Besides Photon also has a MPMC queue to transmit functions, encapsulated as the so-called WorkPool

loongs-zhang commented 4 months ago

I've searched the code, how about use sched_setaffinity(linux)/thread_policy_set(macos) to bind vCPU to a single CPU core? @beef9999

lihuiba commented 4 months ago

@loongs-zhang Are you suggesting that we bind vCPU by default?

lihuiba commented 4 months ago

What would you recommend for Interprocessor communication if shared memory is absolutely no?

Multi-process without sharing memory? How about UNIX domain socket?

loongs-zhang commented 4 months ago

@loongs-zhang Are you suggesting that we bind vCPU by default?

yes

loongs-zhang commented 4 months ago

What would you recommend for Interprocessor communication if shared memory is absolutely no? Multi-process without sharing memory? How about UNIX domain socket?

How about deep cloning and sharing?

lihuiba commented 4 months ago

@loongs-zhang Are you suggesting that we bind vCPU by default?

yes

As different apps require different binding configuration, it's difficult for us to do it by default. For example, a typical scenario is file/storage server. We may need to consider IRQ handlers of the NICs and SSDs, and our service threads (vCPUs). The best binding configuration should minimize CPU switching along the execution.

lihuiba commented 4 months ago

How about deep cloning and sharing?

I not sure whether cloning is feasible, as it may imply sharing in the first place, and @kosav7r said it was "absolutely no".

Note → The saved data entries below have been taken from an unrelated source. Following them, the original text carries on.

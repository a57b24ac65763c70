-- ===== src/Pool/History.antt =====
-- Any history of create and destory is that history on the two lists.
use txgg.Base.{ℕ, ◌≡◌, refl, sym, subst, true, Option, none, some, List, [], ◌∷◌, ◌>>=◌}
use txgg.Pool.{Pool, create, destory}
use txgg.Pool.Ring.{holds}
use txgg.Pool.Alloc.{IsValid, cut, Creates, create-Creates, destory-lem}

pub data Request : Type 0 where
  obtain : Request
  release : ℕ → Request

step : Pool → Request → Option (Option ℕ × Pool)
step p obtain = create p
step p (release e) = destory p e >>= λ p'. some (none, p')

-- The objects given out, `none` for NULL and for a release.
pub serve : Pool → List Request → Option (List (Option ℕ) × Pool)
unfolding step
serve p [] = some ([], p)
serve p (r ∷ rs) = step p r >>= λ (o, p'). serve p' rs >>= λ (os, p''). some (o ∷ os, p'')

-- The two lists: a stack of free objects, and the used ones.
pub record Lists : Type 0 where
  pub used : List ℕ
  pub freed : List ℕ

abbrev list_step : Lists → Request → Option ℕ × Lists
list_step l obtain = elim l.freed [
  | [] ↦ (none, l)
  | e ∷ rest ↦ (some e, record { used = e ∷ l.used; freed = rest })
]
list_step l (release e) = (none, record { used = cut e l.used; freed = e ∷ l.freed })

abbrev pub list_serve : Lists → List Request → List (Option ℕ) × Lists
list_serve l [] = ([], l)
list_serve l (r ∷ rs) =
    let (o, l') = list_step l r in let (os, l'') = list_serve l' rs in (o ∷ os, l'')

-- Every release is of an object that is used at that time.
abbrev pub IsProper : Lists → List Request → Type 0
IsProper l [] = Unit
IsProper l (obtain ∷ rs) = IsProper (list_step l obtain).1 rs
IsProper l (release e ∷ rs) = (holds e l.used ≡ true) × IsProper (list_step l (release e)).1 rs

module _ (max : ℕ) where
  abbrev pub Served : Lists → List Request → Option (List (Option ℕ) × Pool) → Type 0
  Served l rs none = ⊥
  Served l rs (some (os, p)) =
      let (os', l') = list_serve l rs in (os ≡ os') × IsValid max p l'.used l'.freed

  Stepped : Lists → Request → Option (Option ℕ × Pool) → Type 0
  Stepped l r none = ⊥
  Stepped l r (some (o, p)) =
      let (o', l') = list_step l r in (o ≡ o') × IsValid max p l'.used l'.freed

  obtained :
      (p : Pool) (us fs : List ℕ) (s : Option (Option ℕ × Pool))
      → IsValid max p us fs
      → Creates max us fs p s
      → Stepped (record { used = us; freed = fs }) obtain s
  unfolding Stepped
  obtained p us fs none v c = c
  obtained p us fs (some (none, p')) v (_, e, same) =
      subst (λ ys. Stepped (record { used = us; freed = ys }) obtain (some (none, p'))) (sym e)
        (refl, subst (λ q. IsValid max q us []) (sym same) (subst (λ ys. IsValid max p us ys) e v))
  obtained p us fs (some (some x, p')) v (rest, e, _, v') =
      subst (λ ys. Stepped (record { used = us; freed = ys }) obtain (some (some x, p'))) (sym e)
        (refl, v')

  released :
      (p : Pool) (l : Lists) (e : ℕ)
      → IsValid max p l.used l.freed
      → holds e l.used ≡ true
      → Stepped l (release e) (step p (release e))
  unfolding Stepped step
  released p l e v h =
      let (p', made, v') = destory-lem max p l.used e l.freed v h in rw made (refl, v')

  after :
      (l : Lists) (r : Request) (rs : List Request) (s : Option (Option ℕ × Pool))
      → Stepped l r s
      → ((p' : Pool)
          → IsValid max p' (list_step l r).1.used (list_step l r).1.freed
          → Served (list_step l r).1 rs (serve p' rs))
      → Served l (r ∷ rs) (s >>= λ (o, p'). serve p' rs >>= λ (os, p''). some (o ∷ os, p''))
  unfolding Stepped
  after l r rs none t next = t
  after l r rs (some (o, p')) (e, v) next = rest (serve p' rs) (next p' v)
    where
      rest :
          (q : Option (List (Option ℕ) × Pool))
          → Served (list_step l r).1 rs q
          → Served l (r ∷ rs) (q >>= λ (os, p''). some (o ∷ os, p''))
      rest none t = t
      rest (some (os, p'')) (e', v') = (rw (e, e') refl, v')

  -- Any history of create and destory in which only used objects are given back runs to its end,
  -- gives out the objects that the two lists say, and leaves every object on exactly one of them.
  pub serve-Served :
      (p : Pool) (l : Lists) (rs : List Request)
      → IsValid max p l.used l.freed
      → IsProper l rs
      → Served l rs (serve p rs)
  unfolding serve step
  serve-Served p l [] v h = (refl, v)
  serve-Served p l (obtain ∷ rs) v h =
      after l obtain rs (create p)
        (obtained p l.used l.freed (create p) v (create-Creates max p l.used l.freed v))
        (λ p' v'. serve-Served p' (list_step l obtain).1 rs v' h)
  serve-Served p l (release e ∷ rs) v h =
      after l (release e) rs (step p (release e)) (released p l e v h.0)
        (λ p' v'. serve-Served p' (list_step l (release e)).1 rs v' h.1)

lihuiba commented 4 months ago

What would you recommend to separate CPU and IO-bound jobs in the programming models? As far as I know, coroutines are for IO-bound jobs.

Photon has a built-in WorkPool to deal with various kinds of background jobs. For IO-bound ones, you can initialize the worker vCPUs to enable coroutines and event engines. For CPU-bound ones, you can simple use kernel threads without initializing photon.

BTW, the jobs are efficiently passed to workers with lock-free shared memory ring queue.